EU’s Tusk proposes 12-month flexible Brexit extension: BBC

The plan would let UK leave sooner if British parliament ratifies a deal agreed by EU leaders next week, BBC reports.

European Council President Tusk delivers a speech during a debate on the outcome of the latest European Summit on Brexit, at the European Parliament in Strasbourg
EU leaders are expected to consider any extension requests by the UK at an emergency summit on April 10 [File: Vincent Kessler/Reuters]

European Council President Donald Tusk is proposing to make an offer of a 12-month “flexible” extension to the Brexit date, the BBC reported on Friday, citing a senior European Union source.

The plan would let the United Kingdom leave sooner if the British parliament ratifies a deal but will need to be agreed to by EU leaders next week at a summit, according to Britain’s state broadcaster.

Embattled British Prime Minister Theresa May held talks with opposition Labour party leader Jeremy Corbyn on Wednesday to try and plot a way out of the crisis after her EU divorce deal was rejected three times by legislators, including from her Conservative party.


The two parties are set to continue talks on Friday.

May said earlier this week she would seek a delay that is “as short as possible” to the current Brexit date of April 12.

This requires for her and Corbyn to agree on a proposal for parliamentarians to vote on before April 10, when EU leaders are expected to consider extension requests at an emergency summit.

Attorney General Geoffrey Cox told BBC that if the talks between UK’s Conservative and Labour parties fail, the delay is “likely to be a long one”.

British parliamentarians narrowly approved on Wednesday a bill seeking to delay Brexit, as they attempt to avoid a “no-deal” exit from the EU.

EU watches and waits 

European Commission President Jean-Claude Juncker has said the UK will not get any short-term extensions for Brexit unless its parliament backs May’s deal.

“A ‘no-deal’ at midnight on the 12th of April is now a very likely scenario,” Juncker told the European Parliament on Wednesday.

“[The] UK will be affected more than the EU because there is no such thing as a ‘managed or negotiated no-deal’ and there is no such thing as a no-deal transition,” Juncker said. 

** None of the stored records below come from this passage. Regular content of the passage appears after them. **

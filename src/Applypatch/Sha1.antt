-- ===== src/Applypatch/Sha1.antt =====
-- ParseSha1 and FindMatchingPatch (applypatch/applypatch.c).
use Prim.Native.Nat.{bit_or}
use mathlib.Core.List.{append-nil}
use open_recovery.Base.{
  AllBytes, ℕ, zero, suc, ◌+◌, ◌-◌, ◌*◌, ◌/◌, ◌%◌, ◌<◌, ◌≡◌, ◌≢◌, ◌↔◌, ◌⊎◌, refl, ap, Bool, true,
  false, ◌&&◌, List, [], ◌∷◌, ◌++◌, Option, none, some, Bytes, bytes_eq, bytes_eq_iff, length,
  get_elem?, ltb, leb, ◌==◌, if◌then◌else◌, ==_iff, check_below, check_below_at, inl, inr, arith,
}

-- SHA_DIGEST_SIZE
abbrev pub sha_digest_size : ℕ
sha_digest_size = 20

unfoldable pub hex_digit : ℕ → Option ℕ
hex_digit c =
    if leb b'0' c && leb c b'9'
    then some (c - b'0')
    else if leb b'a' c && leb c b'f'
    then some (c - b'a' + 10)
    else if leb b'A' c && leb c b'F'
    then some (c - b'A' + 10)
    else none

abbrev pub pair_up : Option ℕ → Option ℕ → Option ℕ
pair_up none low = none
pair_up (some high) none = none
pair_up (some high) (some low) = some (bit_or (high * 16 % 256) low)

abbrev pub put_byte : Option ℕ → Option (Bytes × Bytes) → Option (Bytes × Bytes)
put_byte none rest = none
put_byte (some b) none = none
put_byte (some b) (some (digest, tail)) = some (b ∷ digest, tail)

-- The loop of ParseSha1 over `n` bytes, two digits a byte; the text that is left comes with them. The
-- terminator is no digit.
unfoldable pub parse_bytes : ℕ → Bytes → Option (Bytes × Bytes)
unfolding hex_digit
parse_bytes zero str = some ([], str)
parse_bytes (suc n) [] = none
parse_bytes (suc n) (c ∷ []) = none
parse_bytes (suc n) (c ∷ d ∷ str) =
    put_byte (pair_up (hex_digit c) (hex_digit d)) (parse_bytes n str)

abbrev pub at_end : Option (Bytes × Bytes) → Option Bytes
at_end none = none
at_end (some (digest, [])) = some digest
at_end (some (digest, c ∷ tail)) = none

-- ParseSha1: -1 is `none`
unfoldable pub parse_sha1 : Bytes → Option Bytes
unfolding parse_bytes
parse_sha1 str = at_end (parse_bytes sha_digest_size str)

abbrev pub is_digest : Bytes → Option Bytes → Bool
is_digest sha1 none = false
is_digest sha1 (some digest) = bytes_eq digest sha1

-- FindMatchingPatch: -1 is `none`
unfoldable pub find_matching_patch : Bytes → List Bytes → Option ℕ
unfolding parse_sha1
find_matching_patch sha1 [] = none
find_matching_patch sha1 (str ∷ strs) =
    let rest = find_matching_patch sha1 strs in
    if is_digest sha1 (parse_sha1 str)
    then some 0
    else elim rest [ none ↦ none | some i ↦ some (suc i) ]

-- the digits of a byte, as sha1sum prints them
abbrev hex_char : ℕ → ℕ
hex_char d = if ltb d 10 then b'0' + d else b'a' + (d - 10)

unfoldable pub print_sha1 : Bytes → Bytes
print_sha1 [] = []
print_sha1 (b ∷ bs) = hex_char (b / 16) ∷ hex_char (b % 16) ∷ print_sha1 bs

hex_digit-hex_char : (d : ℕ) → d < 16 → hex_digit (hex_char d) ≡ some d
unfolding hex_digit
hex_digit-hex_char d h = ground arith

bytes_joined : check_below 256 (λ x. bit_or (x / 16 * 16 % 256) (x % 16) == x) ≡ true
unfolding check_below
bytes_joined = refl

join_digits : (b : ℕ) → b < 256 → bit_or (b / 16 * 16 % 256) (b % 16) ≡ b
join_digits b h = (==_iff _ b).0 (check_below_at 256 _ b bytes_joined h)

parse_bytes-print_sha1 :
    (bs rest : Bytes)
    → AllBytes bs
    → parse_bytes (length bs) (print_sha1 bs ++ rest) ≡ some (bs, rest)
unfolding parse_bytes print_sha1
parse_bytes-print_sha1 [] rest h = refl
parse_bytes-print_sha1 (b ∷ bs) rest h = rw (
  hex_digit-hex_char (b / 16) (omega (arith, h.0)),
  hex_digit-hex_char (b % 16) (omega arith),
  parse_bytes-print_sha1 bs rest h.1,
  join_digits b h.0,
)

-- A digest of 20 bytes, printed as 40 hex digits, is parsed back.
pub parse_sha1-print_sha1 :
    (digest : Bytes)
    → length digest ≡ sha_digest_size
    → AllBytes digest
    → parse_sha1 (print_sha1 digest) ≡ some digest
unfolding parse_sha1
parse_sha1-print_sha1 digest size all =
    ap at_end (rw (size, append-nil) at (parse_bytes-print_sha1 digest [] all))

-- A digest that anything follows, a colon or another text, is refused.
pub parse_sha1-suffix :
    (digest rest : Bytes)
    → length digest ≡ sha_digest_size
    → AllBytes digest
    → rest ≢ []
    → parse_sha1 (print_sha1 digest ++ rest) ≡ none
unfolding parse_sha1
parse_sha1-suffix digest [] size all h = absurd (h refl)
parse_sha1-suffix digest (c ∷ rest) size all h =
    rw (← size, parse_bytes-print_sha1 digest (c ∷ rest) all)

-- index `i` is the first whose text is the hash
pub record IsFirstMatch (sha1 : Bytes) (strs : List Bytes) (i : ℕ) : Type 0 where
  pub text : Bytes
  pub at : get_elem? strs i ≡ some text
  pub matches : parse_sha1 text ≡ some sha1
  pub before :
      (j : ℕ) (other : Bytes) → j < i → get_elem? strs j ≡ some other → parse_sha1 other ≢ some sha1

abbrev pub FoundFirst : Bytes → List Bytes → Option ℕ → Type 0
FoundFirst sha1 strs (some i) = IsFirstMatch sha1 strs i
FoundFirst sha1 strs none =
    (j : ℕ) (other : Bytes) → get_elem? strs j ≡ some other → parse_sha1 other ≢ some sha1

is_digest_iff : (sha1 : Bytes) (o : Option Bytes) → (is_digest sha1 o ≡ true) ↔ (o ≡ some sha1)
is_digest_iff sha1 none = (λ e. cc, λ e. cc)
is_digest_iff sha1 (some d) =
    (λ e. ap some ((bytes_eq_iff d sha1).0 e), λ e. (bytes_eq_iff d sha1).1 (cc))

-- an index into a list is the head or an index into the tail
at_cons :
    (str : Bytes) (strs : List Bytes) (j : ℕ) {other : Bytes}
    → get_elem? (str ∷ strs) j ≡ some other
    → (str ≡ other) ⊎ ((k : ℕ) × (j ≡ suc k) × (get_elem? strs k ≡ some other))
at_cons str strs zero h = inl (cc)
at_cons str strs (suc k) h = inr (k, refl, h)

-- FindMatchingPatch returns the first index whose text is the hash in hex digits, and -1 only where
-- there is none; texts that are no hash are passed over.
pub find_matching_patch-FoundFirst :
    (sha1 : Bytes) (strs : List Bytes) → FoundFirst sha1 strs (find_matching_patch sha1 strs)
unfolding find_matching_patch
find_matching_patch-FoundFirst sha1 [] = λ j other at. absurd (ground arith)
find_matching_patch-FoundFirst sha1 (str ∷ strs) =
    from_head (is_digest sha1 (parse_sha1 str)) refl (find_matching_patch sha1 strs)
      (find_matching_patch-FoundFirst sha1 strs)
  where
    here_or_on : Bool → Option ℕ → Option ℕ
    here_or_on b rest = if b then some 0 else elim rest [ none ↦ none | some i ↦ some (suc i) ]

    not_here : is_digest sha1 (parse_sha1 str) ≡ false → parse_sha1 str ≢ some sha1
    not_here no_match e = cc (no_match, (is_digest_iff sha1 (parse_sha1 str)).1 e)

    from_head :
        (b : Bool)
        → is_digest sha1 (parse_sha1 str) ≡ b
        → (rest : Option ℕ) → FoundFirst sha1 strs rest
        → FoundFirst sha1 (str ∷ strs) (here_or_on b rest)
    from_head true e rest f = record {
      text = str;
      at = refl;
      matches = (is_digest_iff sha1 (parse_sha1 str)).0 e;
      before = λ j other h at. absurd (omega arith);
    }
    from_head false e none f = λ j other at. elim (at_cons str strs j at) [
      | inl same ↦ rw (← same) (not_here e)
      | inr (k, p, q) ↦ f k other q
    ]
    from_head false e (some i) f = record {
      text = f.text;
      at = f.at;
      matches = f.matches;
      before = λ j other h at. elim (at_cons str strs j at) [
        | inl same ↦ rw (← same) (not_here e)
        | inr (k, p, q) ↦ f.before k other (omega arith) q
      ];
    }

France‘s new European Affairs Minister Amelie de Montchalin said that, while May and Corbyn’s meeting was a positive step, it offered no guarantee of a way out of the crisis.

“Theresa May’s call yesterday evening for national unity is very positive, but we have no certainty on what will be the outcome,” de Montchalin, who was appointed this week, told French politicians.

There were mixed messages from other EU member states, with German Chancellor Angela Merkel vowing to fight “till the last hour” to avoid a “no-deal” Brexit, but others felt lukewarm about granting another extension.

Ireland’s Foreign Minister Simon Coveney said Ireland would support a delay to the UK’s departure, but Austrian Chancellor Sebastian Kurz said there was currently no reason to agree to an extension.